* _What to do_: Scan the records below for the line with "move_failed (some _) s moved q e h = cc" and the line with "write_ok = λ". Repeat those two lines and every line between them exactly, and nothing else.

* _Listed records_:

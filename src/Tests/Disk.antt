-- ===== src/Tests/Disk.antt =====
-- A disk in memory: a function from paths to what they hold. It can be full, when a write leaves an
-- empty file.
use Prim.Native.String.{◌++◌ as append, [] as empty, ◌∷◌ as char_then}
use Prim.Native.String.append
use Prim.Native.Char.{code}
use emerald_rs.Prelude.{
  ℕ, zero, suc, ◌+◌, ◌≡◌, ◌≢◌, ◌↔◌, refl, sym, ap, ◌∙◌, ◌==◌, ==_iff, ◌&&◌, ◌||◌, ltb, arith,
  String, str_eq, eq_iff, Bool, true, false, if◌then◌else◌, Option, none, some, List, [], Result,
  ok, err, Bool-cases, inl, inr,
}
use emerald_rs.Structs.{Uuid}
use emerald_rs.Storage.Disk.{
  Node, file, directory, FileSystem, IsFileSystem, Paths, VaultSuffix, key, wallet, seed,
  suffix_text,
}
use emerald_rs.Storage.Files.View.{IsVaultPaths, path_of, backup_of}
use emerald_rs.Storage.Files.Liveness.{IsReliable}
use emerald_rs.Storage.Archive.{archive_dir}
use emerald_rs.Storage.Recovery.{is_backup_name}
use emerald_rs.Storage.Recovery.Steps.{IsBackupPaths}

-- The shapes: 0 the vault, 1 an item, 2 a backup, 3 and more the archives and the rest.
pub record TestPath : Type 0 where
  pub shape : ℕ
  pub kind : ℕ
  pub id : ℕ
  pub name : String

abbrev pub equal : TestPath → TestPath → Bool
equal p q = (p.shape == q.shape) && ((p.kind == q.kind) && ((p.id == q.id) && str_eq p.name q.name))

and_both : (a b : Bool) → a && b ≡ true → (a ≡ true) × (b ≡ true)
and_both a b h = ground arith

pub equal_iff : (p q : TestPath) → (equal p q ≡ true) ↔ (p ≡ q)
equal_iff p q = (there p q, back p q)
  where
    there : (p q : TestPath) → equal p q ≡ true → p ≡ q
    there p q h =
        let (shape, h2) = and_both (p.shape == q.shape) _ h in
        let (kind, h3) = and_both (p.kind == q.kind) _ h2 in
        let (id, name) = and_both (p.id == q.id) _ h3 in
        let s = (==_iff p.shape q.shape).0 shape in
        let k = (==_iff p.kind q.kind).0 kind in
        let i = (==_iff p.id q.id).0 id in
        let n = (eq_iff p.name q.name).0 name in
        (λ t. record { shape = s t; kind = k t; id = i t; name = n t })

    back : (p q : TestPath) → p ≡ q → equal p q ≡ true
    back p q h =
        rw
          (
            h,
            (==_iff q.shape q.shape).1 refl,
            (==_iff q.kind q.kind).1 refl,
            (==_iff q.id q.id).1 refl,
            (eq_iff q.name q.name).1 refl,
          )
          refl

abbrev kind_number : VaultSuffix → ℕ
kind_number key = 0
kind_number wallet = 1
kind_number seed = 2

kind_number_injective : (x y : VaultSuffix) → kind_number x ≡ kind_number y → x ≡ y
kind_number_injective x y h = ground arith

abbrev pub item_path : VaultSuffix → Uuid → TestPath
item_path k i = record { shape = 1; kind = kind_number k; id = i; name = "" }

abbrev pub backup_path : VaultSuffix → Uuid → TestPath
backup_path k i = record { shape = 2; kind = kind_number k; id = i; name = "" }

abbrev pub uuid_text : ℕ → String
uuid_text zero = ""
uuid_text (suc n) = char_then "a" (uuid_text n)

abbrev kind_of : String → Option (ℕ × VaultSuffix)
kind_of s =
    if str_eq s "key"
    then some (0, key)
    else if str_eq s "wallet"
    then some (0, wallet)
    else if str_eq s "seed"
    then some (0, seed)
    else none

abbrev one_more : Option (ℕ × VaultSuffix) → Option (ℕ × VaultSuffix)
one_more none = none
one_more (some (n, k)) = some (suc n, k)

unfoldable pub read_name : String → Option (ℕ × VaultSuffix)
read_name empty = none
read_name (char_then c s) =
    let rest = read_name s in if code c == 46 then kind_of s else one_more rest

pub read_name_lem :
    (k : VaultSuffix) (n : ℕ)
    → read_name (append (uuid_text n) (append "." (suffix_text k))) ≡ some (n, k)
unfolding read_name
read_name_lem key zero = refl
read_name_lem wallet zero = refl
read_name_lem seed zero = refl
read_name_lem k (suc n) =
    let step : append (char_then "a" (uuid_text n)) (append "." (suffix_text k))
        ≡ char_then "a" (append (uuid_text n) (append "." (suffix_text k))) =
      (λ i. append.cons "a" (uuid_text n) (append "." (suffix_text k)) i) in
    rw (step, read_name_lem k n) refl

abbrev pub root : TestPath
root = record { shape = 0; kind = 0; id = 0; name = "" }

abbrev named : String → Option (ℕ × VaultSuffix) → TestPath
named name (some (id, k)) = item_path k id
named name none = record { shape = 3; kind = 0; id = 0; name = name }

-- An archive is below a path of shape 3, and a file of an archive below that.
abbrev pub join : TestPath → String → TestPath
join p name =
    if p.shape == 0
    then named name (read_name name)
    else record { shape = p.shape + 1; kind = 0; id = 0; name = name }

abbrev text_of_kind : ℕ → String
text_of_kind n = if n == 0 then "key" else if n == 1 then "wallet" else "seed"

abbrev name_of : TestPath → String
name_of p = append (uuid_text p.id) (append "." (text_of_kind p.kind))

abbrev pub paths : Paths TestPath
paths = record {
  equal = equal;
  join = join;
  parent = λ p. if p.shape == 1 then some root else none;
  file_name = λ p.
      if p.shape == 2
      then some "backup"
      else if p.shape == 1
      then some (name_of p)
      else some p.name;
  file_stem = λ p. if p.shape == 2 then some (name_of p) else none;
  extension = λ p. if p.shape == 1 then some (text_of_kind p.kind) else none;
  with_extension = λ p ext. record p { shape = p.shape + 1 };
  uuid_text = uuid_text;
  uuid_of = λ text. none;
  captures = λ name. none;
  is_backup = λ name. str_eq name "backup";
  related = λ d p. equal d p || (ltb 2 p.shape || (p.shape == 0));
}

path_of-item_path : (k : VaultSuffix) (i : Uuid) → path_of paths root k i ≡ item_path k i
path_of-item_path k i = rw (read_name_lem k i) refl

backup_of-backup_path : (k : VaultSuffix) (i : Uuid) → backup_of paths root k i ≡ backup_path k i
backup_of-backup_path k i = rw (path_of-item_path k i) refl

text_of_kind_eq : (k : VaultSuffix) → text_of_kind (kind_number k) ≡ suffix_text k
text_of_kind_eq k = ground arith

text_of_kind_lem : (k : VaultSuffix) → some (text_of_kind (kind_number k)) ≡ some (suffix_text k)
text_of_kind_lem k = ground arith

pub names : IsVaultPaths paths root
unfolding read_name
names = record {
  path_of_id =
      λ k o i j h. ap (λ p. p.id) (sym (path_of-item_path k i) ∙ h ∙ path_of-item_path o j);
  path_of_kind = λ k o i j h.
      kind_number_injective k o
        (ap (λ p. p.kind) (sym (path_of-item_path k i) ∙ h ∙ path_of-item_path o j));
  extension_of = λ k i. rw (path_of-item_path k i) (text_of_kind_lem k);
  backup_apart = λ k o i j h.
      cc (ap (λ p. p.shape) (sym (path_of-item_path k i) ∙ h ∙ backup_of-backup_path o j));
  archive_apart = λ now k i. rw (path_of-item_path k i) refl;
  archive_inside = λ now name. refl;
}

pub backups : IsBackupPaths paths root
unfolding read_name
backups = record {
  equal_path = equal_iff;
  stem_of = λ k i.
      ap paths.file_stem (backup_of-backup_path k i)
      ∙ (ap (λ t. some (append (uuid_text i) (append "." t))) (text_of_kind_eq k));
  backup_named =
      λ k i. ap (λ p. is_backup_name paths (paths.file_name p)) (backup_of-backup_path k i);
  archive_apart = λ now k i.
      ap (paths.related (paths.join (paths.join root archive_dir) now)) (backup_of-backup_path k i);
}

abbrev pub State : Type 0
State = TestPath → Option Node

abbrev pub put : State → TestPath → Option Node → State
put s p n q = if equal q p then n else s q

pub put_same : (s : State) (p : TestPath) (n : Option Node) → put s p n p ≡ n
put_same s p n = rw ((equal_iff p p).1 refl) refl

pub put_other : (s : State) (p q : TestPath) (n : Option Node) → q ≢ p → put s p n q ≡ s q
put_other s p q n apart = elim (Bool-cases (equal q p)) [
  | inl same ↦ absurd (apart ((equal_iff q p).0 same))
  | inr differ ↦ rw differ refl
]

abbrev pub done : Result String (Unit {0})
done = ok tt

abbrev read_node : Option Node → Result String (List ℕ)
read_node (some (file bs)) = ok bs
read_node (some directory) = err "directory"
read_node none = err "missing"

-- What is moved with `moved`, where it is there.
abbrev move : Option Node → State → State → Result String (Unit {0}) × State
move none s moved = (err "missing", s)
move (some _) s moved = (done, moved)

abbrev moved_to : TestPath → TestPath → TestPath
moved_to from dir = record { shape = 5; kind = from.kind; id = from.id; name = dir.name }

abbrev pub disk : Bool → List (Result String TestPath) → FileSystem State TestPath
disk full entries = record {
  node = λ s p. s p;
  read = λ p s. (read_node (s p), s);
  write = λ p bs s.
      if full then (err "full", put s p (some (file []))) else (done, put s p (some (file bs)));
  rename = λ from to s. move (s from) s (put (put s to (s from)) from none);
  remove_file = λ p s. (done, put s p none);
  create_dir_all = λ p s. (done, put s p (some directory));
  move_items = λ from dir s. move (s from) s (put (put s (moved_to from dir) (s from)) from none);
  read_dir = λ p s. (ok entries, s);
  create = λ p s. (done, put s p (some (file [])));
  write_all = λ p text s. (done, put s p (some (file [])));
}

abbrev pub related : TestPath → TestPath → Bool
related = paths.related

unrelated : (d p : TestPath) → related d p ≡ false → (p ≢ d) × (ltb 2 p.shape ≡ false)
unrelated d p h = (λ same. absurd (apart same), ground arith)
  where
    apart : p ≡ d → ⊥
    apart same = let e : equal d p ≡ true = (equal_iff d p).1 (sym same) in ground arith

read_node_ok : (n : Option Node) (bs : List ℕ) → read_node n ≡ ok bs → n ≡ some (file bs)
read_node_ok none bs h = cc
read_node_ok (some directory) bs h = cc
read_node_ok (some (file cs)) bs h = ground arith

move_other :
    (n : Option Node) (s moved : State) (q : TestPath) → moved q ≡ s q → (move n s moved).1 q ≡ s q
move_other none s moved q h = refl
move_other (some _) s moved q h = h

move_ok :
    (n : Option Node) (s moved : State) → (move n s moved).0 ≡ done → (move n s moved).1 ≡ moved
move_ok none s moved h = cc
move_ok (some _) s moved h = refl

move_failed :
    (n : Option Node) (s moved : State) (q : TestPath) (e : String)
    → (move n s moved).0 ≡ err e
    → (move n s moved).1 q ≡ s q
move_failed none s moved q e h = refl
move_failed (some _) s moved q e h = cc

write_other :
    (full : Bool) (es : List (Result String TestPath)) (p q : TestPath) (bs : List ℕ) (s : State)
    → q ≢ p
    → ((disk full es).write p bs s).1 q ≡ s q
write_other true es p q bs s apart = put_other s p q _ apart
write_other false es p q bs s apart = put_other s p q _ apart

write_ok :
    (full : Bool) (es : List (Result String TestPath)) (p : TestPath) (bs : List ℕ) (s : State)
    → ((disk full es).write p bs s).0 ≡ done
    → ((disk full es).write p bs s).1 p ≡ some (file bs)
write_ok true es p bs s h = cc
write_ok false es p bs s h = put_same s p _

archived_far : (q : TestPath) → q.shape ≡ 5 → ltb 2 q.shape ≡ false → ⊥
archived_far q five low = absurd (cc (rw five at low))

pub disk-IsFileSystem :
    (full : Bool) (es : List (Result String TestPath)) → IsFileSystem (disk full es) related
disk-IsFileSystem full es = record {
  read_node = λ p q s. refl;
  read_ok = λ p s bs h. read_node_ok (s p) bs h;
  read_dir_node = λ p q s. refl;
  write_other = write_other full es;
  write_ok = λ p bs s h. write_ok full es p bs s h;
  rename_other = λ from to q s a b.
      move_other (s from) s _ q
        (put_other (put s to (s from)) from q none a ∙ put_other s to q (s from) b);
  rename_ok = λ from to s apart h. (
    ap (λ t. t to) (move_ok (s from) s _ h)
        ∙ (put_other (put s to (s from)) from to none (λ same. apart (sym same))
            ∙ put_same s to (s from)),
    ap (λ t. t from) (move_ok (s from) s _ h) ∙ put_same (put s to (s from)) from none,
  );
  rename_failed = λ from to q s e h. move_failed (s from) s _ q e h;
  remove_other = λ p q s apart. put_other s p q none apart;
  move_other = λ from dir q s a far. move_other (s from) s _ q (
      put_other (put s (moved_to from dir) (s from)) from q none a
      ∙ put_other s (moved_to from dir) q (s from)
          (λ same. archived_far q (ap (λ x. x.shape) same) (unrelated dir q far).1));
  move_ok = λ from dir s far h.
      ap (λ t. t from) (move_ok (s from) s _ h)
      ∙ put_same (put s (moved_to from dir) (s from)) from none;
  create_dir_other = λ dir q s far. put_other s dir q _ ((unrelated dir q far).0);
  create_other = λ p q s apart. put_other s p q _ apart;
  write_all_other = λ p q text s apart. put_other s p q _ apart;
}

rename_total :
    (n : Option Node) (s moved : State) (bs : List ℕ)
    → n ≡ some (file bs)
    → (move n s moved).0 ≡ done
rename_total n s moved bs h = rw h refl

-- A disk that is not full is reliable.
pub disk-IsReliable : (es : List (Result String TestPath)) → IsReliable (disk false es)
disk-IsReliable es = record {
  read_total = λ p s bs h. ap read_node h;
  rename_total = λ from to s bs h free. rename_total (s from) s _ bs h;
  write_total = λ p bs s h. refl;
}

* _Answer to this task_:
move_failed (some _) s moved q e h = cc

write_other :
    (full : Bool) (es : List (Result String TestPath)) (p q : TestPath) (bs : List ℕ) (s : State)
    → q ≢ p
    → ((disk full es).write p bs s).1 q ≡ s q
write_other true es p q bs s apart = put_other s p q _ apart
write_other false es p q bs s apart = put_other s p q _ apart

write_ok :
    (full : Bool) (es : List (Result String TestPath)) (p : TestPath) (bs : List ℕ) (s : State)
    → ((disk full es).write p bs s).0 ≡ done
    → ((disk full es).write p bs s).1 p ≡ some (file bs)
write_ok true es p bs s h = cc
write_ok false es p bs s h = put_same s p _

archived_far : (q : TestPath) → q.shape ≡ 5 → ltb 2 q.shape ≡ false → ⊥
archived_far q five low = absurd (cc (rw five at low))

pub disk-IsFileSystem :
    (full : Bool) (es : List (Result String TestPath)) → IsFileSystem (disk full es) related
disk-IsFileSystem full es = record {
  read_node = λ p q s. refl;
  read_ok = λ p s bs h. read_node_ok (s p) bs h;
  read_dir_node = λ p q s. refl;
  write_other = write_other full es;
  write_ok = λ p bs s h. write_ok full es p bs s h;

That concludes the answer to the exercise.